8月の会員作品を読む

2025年8月   西田雅子

今月の風

雲はもう終ろうとする全十話
重森恒雄

大空を渡る雲を一話、二話、三話…と連続する物語に見立て、最後列の雲で最終話を迎えようとしている。物語は神話、童話、ロマン、ミステリー、あるいは自分史か…。「雲はもう」に名残惜しさや、かすかに諦観の気配も。四季折々移ろう雲、明け方、夕焼けの雲等、それぞれの雲には物語があり、どの雲の連なりもはるかかなたへ消えてゆく。壮大で静かな空の上の叙事詩のよう。全十話終え、雲たちは遠いどこかで、新たな物語を紡いでいるのかもしれない。

丸かじりしてやるあとはまかせなさい
本海万里絵

「丸かじり」は本来、果物などを皮ごと豪快にかじる行為。比喩として読めば、「丸かじりしてやる」は、まずは全力で取りかかる姿勢、あるいは、現実の苦労を覚悟を決めてまるごと受け入れること。また、相手のいい点も悪い点もまとめて「丸かじり」しようとしている、恋人や友人関係の覚悟とも読める。つまり、全部まるごと受け入れてやる。「あとはまかせなさい」と立ち向かい、後始末まで引き受けてくれる、なんと頼もしい!

明暗法にのっとり童話いそがしい
岩田多佳子

童話の中に潜む「明」と「暗」。ここでは、明暗法という方法に則り(のっとり)とあり、
童話が単なる子ども向けの話ではなく、光(希望・善)と影(不安・悪)が緻密に組み合わされた複雑な構成であることがわかる。物語の中で善悪が入れ替わることで、読む者の感情の起伏までも感じさせる。
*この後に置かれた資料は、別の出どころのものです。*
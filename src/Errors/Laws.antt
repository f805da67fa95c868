-- ===== src/Errors/Laws.antt =====
-- What the status map promises: client/src/errors.py.
use cs4455_epic.Base.{ℕ, ◌≤◌, ◌≡◌, ◌↔◌, arith}
use cs4455_epic.Errors.{server_error, exception_for_status}

-- A status is mapped to `ServerError` exactly when it is 500 or more.
pub server_error_iff : (s : ℕ) → (exception_for_status s ≡ server_error) ↔ (500 ≤ s)
unfolding exception_for_status
server_error_iff s = (λ h. ground arith, λ h. ground arith)
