-- ===== src/Keystore/Atomic.antt =====
-- `_write_json_secure` of client/src/crypto/keystore.py: the temporary file, and what a crash or
-- an exception leaves behind.
use cs4455_epic.Base.{
  ℕ, zero, suc, ◌≡◌, ◌≢◌, refl, ap, ◌∙◌, ◌⊎◌, inl, inr, some, none, [], take, length, length-append,
  arith, if◌then◌else◌,
}
use cs4455_epic.Base.Dict.{
  Dict, lookup, insert, erase, lookup-insert, lookup-insert_self, lookup-erase,
}
use cs4455_epic.Base.Text.{Str, Bytes, str_eq, str_eq_iff, str_eq_refl}
use cs4455_epic.Errors.{ok}
use cs4455_epic.Env.{Env}
use cs4455_epic.Py.{FileData, Content, json, other, State}
use cs4455_epic.Keystore.Files.{
  FileOp, run_ops, write_ops, failed_ops, tmp_path, write_json_secure, save,
}

-- The temporary name is longer than the name of the file.
pub tmp_path-ne : (pid : ℕ) (path : Str) (random : Bytes) → tmp_path pid path random ≢ path
unfolding tmp_path
tmp_path-ne pid path random h = absurd (omega (arith, ap length h, length-append path _))

take-nil : (n : ℕ) → take {A = FileOp} n [] ≡ []
take-nil zero = refl
take-nil (suc n) = refl

module _ (tmp path : Str) (content : Content) (apart : tmp ≢ path) (files : Dict Content) where
  pub lookup-write_ops :
      (j : Str)
      → lookup j (run_ops (write_ops tmp path content) files)
        ≡ (if str_eq path j then some content else if str_eq tmp j then none else lookup j files)
  unfolding run_ops
  lookup-write_ops j =
      let made = insert tmp content (insert tmp other files) in
      ground (
        arith,
        lookup-insert_self tmp content (insert tmp other files),
        lookup-insert path j content (erase tmp made),
        lookup-erase tmp j made,
        lookup-insert tmp j content (insert tmp other files),
        lookup-insert tmp j other files,
      )

  untouched : (c : Content) (d : Dict Content) → lookup path (insert tmp c d) ≡ lookup path d
  untouched c d = ground (arith, lookup-insert tmp path c d, str_eq_iff tmp path)

  -- If the process dies after any number of the system calls, the file holds what it held before
  -- or the new content, and never a part of it.
  pub write_ops_atomic :
      (n : ℕ)
      → (lookup path (run_ops (take n (write_ops tmp path content)) files) ≡ lookup path files)
        ⊎ (lookup path (run_ops (take n (write_ops tmp path content)) files) ≡ some content)
  unfolding run_ops
  write_ops_atomic zero = inl refl
  write_ops_atomic (suc zero) = inl (untouched other files)
  write_ops_atomic (suc (suc zero)) =
      inl (untouched content (insert tmp other files) ∙ untouched other files)
  write_ops_atomic (suc (suc (suc n))) =
      inr (rw take-nil (lookup-write_ops path ∙ rw (str_eq_refl path)))

-- If writing the temporary file raises, that file is removed and every other file is untouched.
pub failed_ops_harmless :
    (tmp j : Str) (files : Dict Content)
    → lookup j (run_ops (failed_ops tmp) files) ≡ (if str_eq tmp j then none else lookup j files)
unfolding run_ops
failed_ops_harmless tmp j files = simp (lookup-insert, lookup-erase) (ground (arith))

module _ (E : Env) (path : Str) (data' : FileData) (s : State) where
  -- A finished write puts the dict under its path, leaves no temporary file, and changes no other
  -- file; it draws one random value, and touches nothing else of the state.
  pub lookup-write_json_secure :
      (j : Str)
      → lookup j (write_json_secure E path data' s).1.files ≡ (
          if str_eq path j
          then some (json data')
          else if str_eq (tmp_path E.pid path (E.urandom s.drawn 6)) j
          then none
          else lookup j s.files)
  unfolding write_json_secure
  lookup-write_json_secure j =
      lookup-write_ops _ path (json data') (tmp_path-ne E.pid path _) s.files j

  -- A write changes the files and the number of draws alone.
  pub write_frame :
      ((write_json_secure E path data' s).0 ≡ ok tt)
      × ((write_json_secure E path data' s).1.keystore ≡ s.keystore)
      × ((write_json_secure E path data' s).1.session ≡ s.session)
      × ((write_json_secure E path data' s).1.requests ≡ s.requests)
  unfolding write_json_secure
  write_frame = (refl, refl, refl, refl)

module _ (E : Env) (data' : FileData) (s : State) where
  pub lookup-save : lookup s.keystore.path (save E data' s).1.files ≡ some (json data')
  unfolding save
  lookup-save =
      lookup-write_json_secure E s.keystore.path data' s s.keystore.path
      ∙ rw (str_eq_refl s.keystore.path)

  -- Saving changes the files and the number of draws alone.
  pub save_frame :
      ((save E data' s).0 ≡ ok tt)
      × ((save E data' s).1.keystore ≡ s.keystore)
      × ((save E data' s).1.session ≡ s.session)
      × ((save E data' s).1.requests ≡ s.requests)
  unfolding save
  save_frame = write_frame E s.keystore.path data' s
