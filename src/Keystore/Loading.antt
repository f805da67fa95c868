-- ===== src/Keystore/Loading.antt =====
-- `_load` of client/src/crypto/keystore.py, and loading what was saved.
use cs4455_epic.Base.{◌≡◌, some, arith}
use cs4455_epic.Errors.{ok}
use cs4455_epic.Env.{Env}
use cs4455_epic.Py.{FileData, State}
use cs4455_epic.Keystore.Files.{load, save}
use cs4455_epic.Keystore.Atomic.{lookup-save, save_frame}

-- The keystore's file can be loaded, and holds this dict.
abbrev pub Holds : State → FileData → Type 0
Holds s d = load s ≡ (ok d, s)

-- Loading changes nothing.
pub load_state : (s : State) → (load s).1 ≡ s
unfolding load
load_state s = ground arith

pub Holds-of_ok : (s : State) (d : FileData) → (load s).0 ≡ ok d → Holds s d
Holds-of_ok s d h = ground (arith, load_state s)

pub Holds-version : (s : State) (d : FileData) → Holds s d → d.version ≡ some 1
unfolding load
Holds-version s d h = ground arith

-- What was saved is what is loaded next.
pub Holds-save : (E : Env) (d : FileData) (s : State) → d.version ≡ some 1 → Holds (save E d s).1 d
unfolding load
Holds-save E d s v = ground (arith, lookup-save E d s, save_frame E d s)
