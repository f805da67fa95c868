-- ===== src/Keystore/Cache.antt =====
-- The message cache of client/src/crypto/keystore.py: `_decrypt_cache`, `load_message_cache` and
-- `save_message_cache`.
use cs4455_epic.Base.{
  ℕ, ◌+◌, ◌≡◌, ◌≢◌, refl, ◌∙◌, ap, ◌++◌, inl, inr, Bool-cases, Option, some, none, [], arith,
  length, length-append, if◌then◌else◌,
}
use cs4455_epic.Base.Dict.{Dict, lookup, is_some}
use cs4455_epic.Base.Text.{Str, Bytes, lit, str_eq, str_eq_iff, str_eq_refl}
use cs4455_epic.Codec.Base64.{b64encode, b64decode-b64encode}
use cs4455_epic.Codec.Utf8.{encode, decode-encode}
use cs4455_epic.Errors.{Result-cases, ok}
use cs4455_epic.Env.{Env, IsLawful}
use cs4455_epic.Py.{FileData, json, State}
use cs4455_epic.Crypto.Aead
use cs4455_epic.Crypto.Wire.{decode_text}
use cs4455_epic.Keystore.{
  cache_aad, cache_path, read_cache, decrypt_cache, load_message_cache, write_cache,
  save_message_cache,
}
use cs4455_epic.Keystore.Files.{blank, read_json, parsed, write_json_secure, tmp_path, load}
use cs4455_epic.Keystore.Atomic.{lookup-write_json_secure, write_frame}
use cs4455_epic.Keystore.Loading.{Holds}

module _ (E : Env) (s : State) where
  read_cache_state : (kek : Bytes) → (read_cache E kek s).1 ≡ s
  unfolding read_cache read_json Aead.decrypt
  read_cache_state kek = ground arith

  pub decrypt_cache_safe :
      (kek : Option Bytes) → (c : Dict Str) × (decrypt_cache E kek s ≡ (ok c, s))
  unfolding decrypt_cache
  decrypt_cache_safe none = ([], refl)
  decrypt_cache_safe (some kek) = elim (Bool-cases (is_some (lookup (cache_path s) s.files))) [
    | inr missing ↦ ([], rw missing)
    | inl there ↦ elim (Result-cases (read_cache E kek s).0) [
      | inl (c, h) ↦ (c, ground (arith, read_cache_state kek))
      | inr (e, h) ↦ ([], ground (arith, read_cache_state kek))
    ]
  ]

  -- Loading the cache never raises and never changes anything: whatever is wrong with the file
  -- or the key, the result is some dict.
  pub load_message_cache_safe : (c : Dict Str) × (load_message_cache E s ≡ (ok c, s))
  unfolding load_message_cache
  load_message_cache_safe = decrypt_cache_safe s.keystore.kek

  -- The encrypted blob that a save writes.
  abbrev pub blob : Bytes → Dict Str → FileData
  blob kek c = record blank {
    version = some 1;
    nonce = some (b64encode (E.urandom s.drawn 12));
    ciphertext =
        some
          (b64encode (E.aesgcm_encrypt kek (E.urandom s.drawn 12) (encode (E.dumps c)) cache_aad));
  }

  abbrev pub drawn_once : State
  drawn_once = record s { drawn = s.drawn + 1 }

  pub save_message_cache-eq :
      (kek : Bytes) (c : Dict Str)
      → s.keystore.kek ≡ some kek
      → length kek ≡ 32
      → save_message_cache E c s ≡ write_json_secure E (cache_path s) (blob kek c) drawn_once
  unfolding save_message_cache write_cache Aead.encrypt cache_path
  save_message_cache-eq kek c h size = ground arith

module _ (E : Env) (s t : State)
    (same : lookup (cache_path t) t.files ≡ lookup (cache_path s) s.files) where
  read_cache_same : (kek : Bytes) → (read_cache E kek t).0 ≡ (read_cache E kek s).0
  unfolding read_cache read_json Aead.decrypt
  read_cache_same kek = ground arith

  -- What the cache decrypts to depends on its file and the key alone.
  pub decrypt_cache_same :
      (kek : Option Bytes) (c : Dict Str)
      → decrypt_cache E kek s ≡ (ok c, s)
      → decrypt_cache E kek t ≡ (ok c, t)
  unfolding decrypt_cache
  decrypt_cache_same none c h = ground arith
  decrypt_cache_same (some kek) c h =
      ground (arith, read_cache_same kek, read_cache_state E s kek, read_cache_state E t kek)

-- The name of the cache is not that of the keystore, and its temporary name is not either.
pub cache_path-ne : (s : State) → cache_path s ≢ s.keystore.path
unfolding cache_path
cache_path-ne s h =
    absurd (omega (arith, ap length h, length-append s.keystore.path (lit ".msgcache")))

pub cache_tmp-ne :
    (pid : ℕ) (random : Bytes) (s : State) → tmp_path pid (cache_path s) random ≢ s.keystore.path
unfolding cache_path tmp_path
cache_tmp-ne pid random s h = absurd (
    omega (
      arith,
      ap length h,
      length-append (s.keystore.path ++ lit ".msgcache") _,
      length-append s.keystore.path (lit ".msgcache"),
    ))

module _ (E : Env) (s : State) (kek : Bytes) (c : Dict Str) (unlocked : s.keystore.kek ≡ some kek)
    (size : length kek ≡ 32) where
  abbrev saved : State
  saved = (save_message_cache E c s).1

  pub saved_keystore : saved.keystore ≡ s.keystore
  saved_keystore = ground (
    arith,
    save_message_cache-eq E s kek c unlocked size,
    write_frame E (cache_path s) (blob E s kek c) (drawn_once E s),
  )

  pub save_message_cache-ok : (save_message_cache E c s).0 ≡ ok tt
  save_message_cache-ok =
      ap (λ r. r.0) (save_message_cache-eq E s kek c unlocked size)
      ∙ (write_frame E (cache_path s) (blob E s kek c) (drawn_once E s)).0

  lookup-saved :
      (j : Str)
      → lookup j saved.files ≡ (
          if str_eq (cache_path s) j
          then some (json (blob E s kek c))
          else if str_eq (tmp_path E.pid (cache_path s) (E.urandom (s.drawn + 1) 6)) j
          then none
          else lookup j s.files)
  lookup-saved j =
      ap (λ r. lookup j r.1.files) (save_message_cache-eq E s kek c unlocked size)
      ∙ lookup-write_json_secure E (cache_path s) (blob E s kek c) (drawn_once E s) j

  -- Saving the cache leaves the keystore's own file alone.
  pub Holds-saved : (d : FileData) → Holds s d → Holds saved d
  unfolding load
  Holds-saved d h =
      let tmp = tmp_path E.pid (cache_path s) (E.urandom (s.drawn + 1) 6) in
      ground (
        arith,
        saved_keystore,
        lookup-saved s.keystore.path,
        str_eq_iff (cache_path s) s.keystore.path,
        cache_path-ne s,
        str_eq_iff tmp s.keystore.path,
        cache_tmp-ne E.pid (E.urandom (s.drawn + 1) 6) s,
      )

  saved_path : cache_path saved ≡ cache_path s
  unfolding cache_path
  saved_path = ap (λ k. k.path ++ lit ".msgcache") saved_keystore

  lookup-saved_cache : lookup (cache_path saved) saved.files ≡ some (json (blob E s kek c))
  lookup-saved_cache =
      ap (λ p. lookup p saved.files) saved_path
      ∙ lookup-saved (cache_path s)
      ∙ rw (str_eq_refl (cache_path s))

  read-saved_cache : IsLawful E → read_cache E kek saved ≡ (ok c, saved)
  unfolding read_cache read_json parsed Aead.decrypt decode_text
  read-saved_cache L = ground (
    arith,
    lookup-saved_cache,
    b64decode-b64encode (E.urandom s.drawn 12) (L.urandom_bytes s.drawn 12),
    b64decode-b64encode (E.aesgcm_encrypt kek (E.urandom s.drawn 12) (encode (E.dumps c)) cache_aad)
        (L.encrypt_bytes _ _ _ _),
    L.decrypt-encrypt kek (E.urandom s.drawn 12) (encode (E.dumps c)) cache_aad size,
    decode-encode (E.dumps c) (L.dumps_scalars c),
    L.loads-dumps c,
  )

  -- What was saved with an unlocked keystore is loaded again.
  pub load-save_message_cache : IsLawful E → load_message_cache E saved ≡ (ok c, saved)
  unfolding load_message_cache decrypt_cache
  load-save_message_cache L = ground (arith, saved_keystore, lookup-saved_cache, read-saved_cache L)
ほんと、いそがしい。

幸せの範囲お醤油ひとまわし
斉尾くにこ

ささやかな日常に宿る幸福を巧みに捉えた一句。「お醤油ひとまわし」という具体的な動作が、家庭の食卓やあたたかな食事の風景を思わせる。けっして豪華なものでなく、好みの味に調えるという満足感。「範囲」から自分にとってのちょうどよい幸せを大切にするつつましさが滲んでいる。穏やかでほっこりする。

妄想が躍る破れた裏表紙
桂 晶月

何度も読み返されて、傷んだ裏表紙だろうか。物語を読み耽ったり、書かれていない余白に感情が溢れたり、物語と読者の心が激しく交差した証でもあるような。「妄想が躍る」にページの奥で物語がいまも生き生きと跳ねているような生命感がある。読み手の想像が、書かれていたことばを超えて広がってゆく。

地下道を上がり日傘を差す戦士
藤山竜骨

地下道から地上に出て日傘を差す、通行人のそれだけの動作が、「戦士」という語で一気に劇的な意味を帯びる。強い日差しや暑さという目に見えない敵と戦う存在としての、まさに“戦士”像が浮かび上がる。ポケットには、水分補給のための水や塩あめも。熱中対策にぬかりはない。猛暑、酷暑の中の通勤や外出は、命懸けである。

雷が去ってトマトにかぶりつく
林 操

激しい雷の後に訪れる静けさと、真っ赤なトマトにかぶりつくという命を漲らせるような行為が対照的。雷の緊張感が過ぎ去った解放感と、トマトの瑞々しさが重なり、鮮やかな情景を生み出している。自然の力強さと人間の小さくとも生きる力を感じさせる日常が同じ時間軸で響き合っている。

屈伸をしないと折れる水平線
西山奈津実

折れるはずのない水平線。その水平線に、「屈伸」という動作を結びつけると人間臭い水平線に。悠然と構えているような水平線でさえも、後を絶たない災害、戦争等に、ストレスが溜まっているはず。しなやかに屈伸するような柔軟さを持たなければ、身も心も折れてしまう。大胆な発想が光っている。今夜も屈伸運動に余念がない水平線である。